Sacrificing Math and Facts at the Mursi Altar
Cairo – Following the results of the first round of the constitutional referendum, activist Alaa Abdel-Fattah was busy dispelling false historical allegations aimed at selling Egypt’s low turnout and approval rates as internationally acceptable.
The French constitution, continuously cited by Muslim Brotherhood (MB) supporters, featured over 80 percent turnout, not 63 as claimed, Abdel-Fattah said. This explains how this table misleads by mixing the approval percentage of the entire population with approval percentage among actual voters. It ignores historical context, and turns a blind eye to requirements of at least 50 percent turnout in referenda.
Abdel-Fattah once said logic is usually the first casualty in Egypt. As we learned in the past two weeks, allow me to add math too.
The first round of the constitutional referendum featured a 57 percent approval rate and a roughly 30 percent turnout rate. In the second round, where the approval rate increased to 71 percent – making the final result 63.8 percent in favor of the constitution – also ended with low turnout rate: 32.9 percent. Analysts, mainly on the opposition camp, argued that this means that less than 20 percent of eligible voters approve of the constitution while the majority has opted not to vote.
Between the two stages of the vote, the rhetoric adopted by the Islamist supporters changed from justifying low approval rates to selling low turnout rates and falsely claiming an increase in President Mohamed Mursi’s popularity.
This table compares the Yes and No percentages in the referendum with Mursi-Ahmed Shafiq votes in the second round of the presidential election in June.
It’s partly based on some opposition campaigns that sold the No vote as a ballot against the MB and Mursi. The referendum became a vote on Mursi’s popularity. Based on Islamists’ discourse now, this comparison also tries to prove that the revolutionary camp that sided with Mursi against Shafiq in the second round of the presidential election – raising his votes from 5 million in the first round to 13 million in the second -- was lying and that Mursi won solely through the support of the Islamists.
Basic math is sacrificed at the altar for the sake of political gains.
Mursi supporters claim that based on the referendum results, his popularity increased from 51 percent in the presidential election to 64 percent this month. Leading MB member Essam El-Erian said it meant a 12 percent increase in Mursi’s popularity. The claim only holds as long as people don’t check the numbers corresponding to these percentages.

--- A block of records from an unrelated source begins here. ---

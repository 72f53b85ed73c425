-- ===== src/System/Paid.antt =====
-- The payouts are those of the SETTLED payments, whatever the processes do.
pub mod Moves
use distributed_payment_pipe.Base.{
  ◌≡◌, refl, sym, ◌∙◌, true, false, ◌&&◌, List, [], ◌∷◌, ◌++◌, map, arith, keep_if, All, inl, inr,
  ℕ, suc, if◌then◌else◌,
}
use distributed_payment_pipe.Base.Int.{ℤ, pos, ◌+ℤ◌, int_laws}
use distributed_payment_pipe.Text.{Text, text_eq, text_eq_iff}
use distributed_payment_pipe.Errors.{Result}
use distributed_payment_pipe.Domain.{
  Time, State, Transaction, state_validated, state_captured, state_failed, state_settled,
}
use distributed_payment_pipe.Db.{Db, set_state, insert_outbox}
use distributed_payment_pipe.Store.{SaveReplies, UpdateReplies, save_with_outbox, update_state}
use distributed_payment_pipe.Store.Keys.{IsKeyed, update_state-IsKeyed, save_with_outbox-IsKeyed}
use distributed_payment_pipe.Store.Update.{update_state_frame}
use distributed_payment_pipe.Ledger.{PostReplies, post}
use distributed_payment_pipe.Settlement.{
  CapturedGroup, group_rows, in_window, settle_row, persisted,
}
use distributed_payment_pipe.Settlement.Engine.{
  Encoder, GroupInput, TickInput, Engine, batch_of, process_group, process_groups, settle, tick,
}
use distributed_payment_pipe.Settlement.Groups.{has_keys}
use distributed_payment_pipe.Settlement.Groups.Keys.{
  IsDistinct, others, HasOtherKeys, group_rows-IsDistinct,
}
use distributed_payment_pipe.Settlement.Groups.Sums.{sum_if}
use distributed_payment_pipe.Settlement.Conserved.{
  settled_sum, batch_sum, IsGroupOf, settle-IsGroupOf,
}
use distributed_payment_pipe.Settlement.Conserved.Ticks.{
  IsPaid, group_rows-IsGroupOf, persisted-IsPaid,
}
use distributed_payment_pipe.Kafka.{Publish, DlqMessage}
use distributed_payment_pipe.Outbox.{EventCodec}
use distributed_payment_pipe.Intake.{Packages, Server}
use distributed_payment_pipe.System.Paid.Moves.{settled_sum-append, settled_sum-post}
use distributed_payment_pipe.System.Stable.{IsStable}
use distributed_payment_pipe.System.Settled.{
  process_group_tables, settle_tables, tick_tables, tick_keeps,
}
use distributed_payment_pipe.System.Consistent.{post_frame, settle-IsKeyed}
use distributed_payment_pipe.System.{Event, handle_all}
use distributed_payment_pipe.System.Kept.{handle_all_keeps}

-- Payment ids are unique, and the batches add up to the SETTLED payments.
pub record IsAccounted (db : Db) : Type 0 where
  pub keyed : IsKeyed db.transactions
  pub paid : IsPaid db

rest-IsGroupOf :
    (start end now : Time) (g : CapturedGroup) (gs : List CapturedGroup) (rows : List Transaction)
    → IsGroupOf start end rows g
    → All (HasOtherKeys g) gs
    → All (IsGroupOf start end rows) gs
    → All (IsGroupOf start end (map (settle_row g.payment_ids now) rows)) gs
rest-IsGroupOf start end now g [] rows of other all = tt
rest-IsGroupOf start end now g (h ∷ gs) rows of other all = (
  settle-IsGroupOf start end now g h rows other.0 of.named all.0,
  rest-IsGroupOf start end now g gs rows of other.1 all.1,
)

process_groups-IsPaid :
    (enc : Encoder) (inputs : ℕ → GroupInput) (n : ℕ) (gs : List CapturedGroup) (start end : Time)
    (db : Db)
    → IsDistinct gs
    → All (IsGroupOf start end db.transactions) gs
    → IsPaid db
    → IsPaid (process_groups enc inputs n gs start end db)
unfolding process_groups persisted insert_outbox
process_groups-IsPaid enc inputs n [] start end db d of paid = paid
process_groups-IsPaid enc inputs n (g ∷ gs) start end db d of paid =
    let i = inputs n in
    elim (process_group_tables enc i g start end db) [
      | inl same ↦
          process_groups-IsPaid enc inputs (suc n) gs start end _ d.1 (rw same of.1) (rw same paid)
      | inr (s, p, new, wrote) ↦
          process_groups-IsPaid enc inputs (suc n) gs start end _ d.1
            (rw wrote (
              rest-IsGroupOf start end i.replies.now g gs db.transactions of.0 (others g gs d.0)
                of.1))
            (rw wrote (persisted-IsPaid start end i g s p i.replies.now db of.0 paid))
    ]

settle-IsPaid :
    (i : TickInput) (start end : Time) (db : Db) → IsAccounted db → IsPaid (settle i start end db).1
settle-IsPaid i start end db h =
    let rows = keep_if (in_window start end) db.transactions in
    elim (settle_tables i start end db) [
      | inl same ↦ rw same h.paid
      | inr wrote ↦ rw wrote (
          process_groups-IsPaid i.encoder i.groups 0 (group_rows i.collation rows) start end db
            (group_rows-IsDistinct i.collation rows)
            (group_rows-IsGroupOf start end i.collation db.transactions h.keyed) h.paid)
    ]

tick-IsPaid :
    (i : TickInput) (now : Time) (e : Engine) (db : Db)
    → IsAccounted db
    → IsPaid (tick i now e db).1
tick-IsPaid i now e db h = elim (tick_tables i now e db) [
  | inl same ↦ rw same h.paid
  | inr (start, end, settled) ↦ rw settled (settle-IsPaid i start end db h)
]

tick-IsKeyed :
    (i : TickInput) (now : Time) (e : Engine) (db : Db)
    → IsKeyed db.transactions
    → IsKeyed (tick i now e db).1.transactions
unfolding persisted insert_outbox
tick-IsKeyed =
    tick_keeps (λ (db : Db). IsKeyed db.transactions)
      (λ b g settled payout now db new k. settle-IsKeyed g.payment_ids now db.transactions k)

save_with_outbox-IsPaid :
    (r : SaveReplies) (t : Transaction) (payload : Text) (db : Db)
    → t.state ≡ state_validated
    → IsPaid db
    → IsPaid (save_with_outbox r t payload db).1
unfolding save_with_outbox
save_with_outbox-IsPaid r t payload db fresh paid a c =
    ground (arith, paid a c, settled_sum-append a c t db.transactions fresh)

post-IsPaid :
    (r : PostReplies) (trx : Transaction) (now : Time) (db : Db)
    → IsAccounted db
    → IsPaid (post r trx now db).1
post-IsPaid r trx now db h a c =
    let (_, batches) = post_frame r trx now db h.keyed in
    rw (batches, settled_sum-post r trx now db a c) (h.paid a c)

IsAccounted-IsStable : IsStable IsAccounted
IsAccounted-IsStable = record {
  saved = λ r t payload db fresh h. record {
    keyed = save_with_outbox-IsKeyed r t payload db h.keyed;
    paid = save_with_outbox-IsPaid r t payload db fresh h.paid;
  };
  posted = λ r trx now db h. record {
    keyed = (post_frame r trx now db h.keyed).0;
    paid = post-IsPaid r trx now db h;
  };
  ticked = λ i now e db h. record {
    keyed = tick-IsKeyed i now e db h.keyed;
    paid = tick-IsPaid i now e db h;
  };
  relayed = λ rows db same h. record { keyed = h.keyed; paid = h.paid };
}

module _ {R B : Type 0} (lib : Packages) (server : Server R) (publish : Publish B)
    (marshal : DlqMessage → Result Text) (codec : EventCodec) where
  -- Through any sequence of operations of the processes, each run to its end before the next, with
  -- any answers of Redis, Postgres and the broker: payment ids and idempotency keys stay unique, and
  -- for each account and currency the totals of its settlement batches add up to the amounts of its
  -- SETTLED payments, if that held at the start.
  pub handle_all-IsAccounted :
      (es : List (Event R B)) (db : Db)
      → IsAccounted db
      → IsAccounted (handle_all lib server publish marshal codec es db)
  handle_all-IsAccounted =
      handle_all_keeps lib server publish marshal codec IsAccounted IsAccounted-IsStable
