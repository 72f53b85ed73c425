-- ===== src/System/Reachable.antt =====
-- What holds of the tables whatever the processes do.
use distributed_payment_pipe.Base.{List}
use distributed_payment_pipe.Text.{Text}
use distributed_payment_pipe.Errors.{Result}
use distributed_payment_pipe.Db.{Db}
use distributed_payment_pipe.Outbox.{EventCodec}
use distributed_payment_pipe.Kafka.{Publish, DlqMessage}
use distributed_payment_pipe.Intake.{Packages, Server}
use distributed_payment_pipe.System.{Event, handle_all}
use distributed_payment_pipe.System.Kept.{handle_all_keeps}
use distributed_payment_pipe.System.Consistent.{IsConsistent, IsConsistent-IsStable}

module _ {R B : Type 0} (lib : Packages) (server : Server R) (publish : Publish B)
    (marshal : DlqMessage → Result Text) (codec : EventCodec) where
  -- After any sequence of operations of the processes, each run to its end before the next, with any
  -- answers of Redis, Postgres and the broker and with deliveries repeated: no two payments share an id or an idempotency key, no two batches share
  -- an account, a currency and a window, each payment has no leg or one balanced pair, and the ledger
  -- sums to zero, if that held at the start.
  pub handle_all-IsConsistent :
      (es : List (Event R B)) (db : Db)
      → IsConsistent db
      → IsConsistent (handle_all lib server publish marshal codec es db)
  handle_all-IsConsistent =
      handle_all_keeps lib server publish marshal codec IsConsistent IsConsistent-IsStable
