-- ===== src/Tests.antt =====
-- The parts of the pipeline at concrete inputs.
mod Fixtures
mod StoreTests
mod LedgerTests
mod KafkaTests
mod ConsumerTests
mod SettlementTests
mod RelayTests
mod ConsumeTests
mod IdempotencyTests
mod IntakeTests
mod PipelineTests
mod NormalizeTests
mod SystemTests
mod CommandTests
mod RaceTests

In June, the 51 percent represented 13 million votes. In December this 63.8 percent represented 10.69 million votes. In fact, Mursi’s popularity plummeted, losing 2.5 million voters in a few months.
There was a failure on both sides to merely encourage voters to participate. This growing apathy and lack of interest, or faith, in the process is a dangerous development that has to be dealt with by all political factions, not just the ruling Islamists.
Yet there are efforts to either downplay the drop in voter turnout or deny it altogether.
Essam El-Haddad, assistant to the president on Foreign Relations, noted in a 22 December 2012 statement the “unprecedented participation rates” as signs of Egypt’s progress after the revolution. Other points listed suggest that these could be labeled as Mursi’s achievements.
It wasn’t the only false claim in that statement, according to rights activists. Ironically, the only vote under Mursi’s rule so far has featured the lowest participation rates since the elections of the Upper House of Parliament earlier this year, roughly a 19 percent decrease in turnout from the election that put Mursi in office.
To put it in numbers: 26 million people voted in the presidential election, 13 million of whom chose Mursi, while only 17 million participated in the referendum, 10.69 of which chose the Mursi-backed charter.
The latest installment of math mockery is a pie chart breaking down the results of the US presidential election. The chart, currently circulating on social media networks, lacks any backing numbers and solely relies on visuals.
It doesn’t recognize the incomparable nature of the two cases. The impact of elections lasts for only a few years, while constitutions need more consensus in order to function as a governing charter for a much longer period. The chart’s numbers are also inaccurate. It shows that voter turnout was less than half, while in fact it was 59 percent – almost double the turnout percentage of Egypt’s referendum.
I’d like to say Nate Silver would be disappointed, but really it’s grade school teachers who would suffer the most.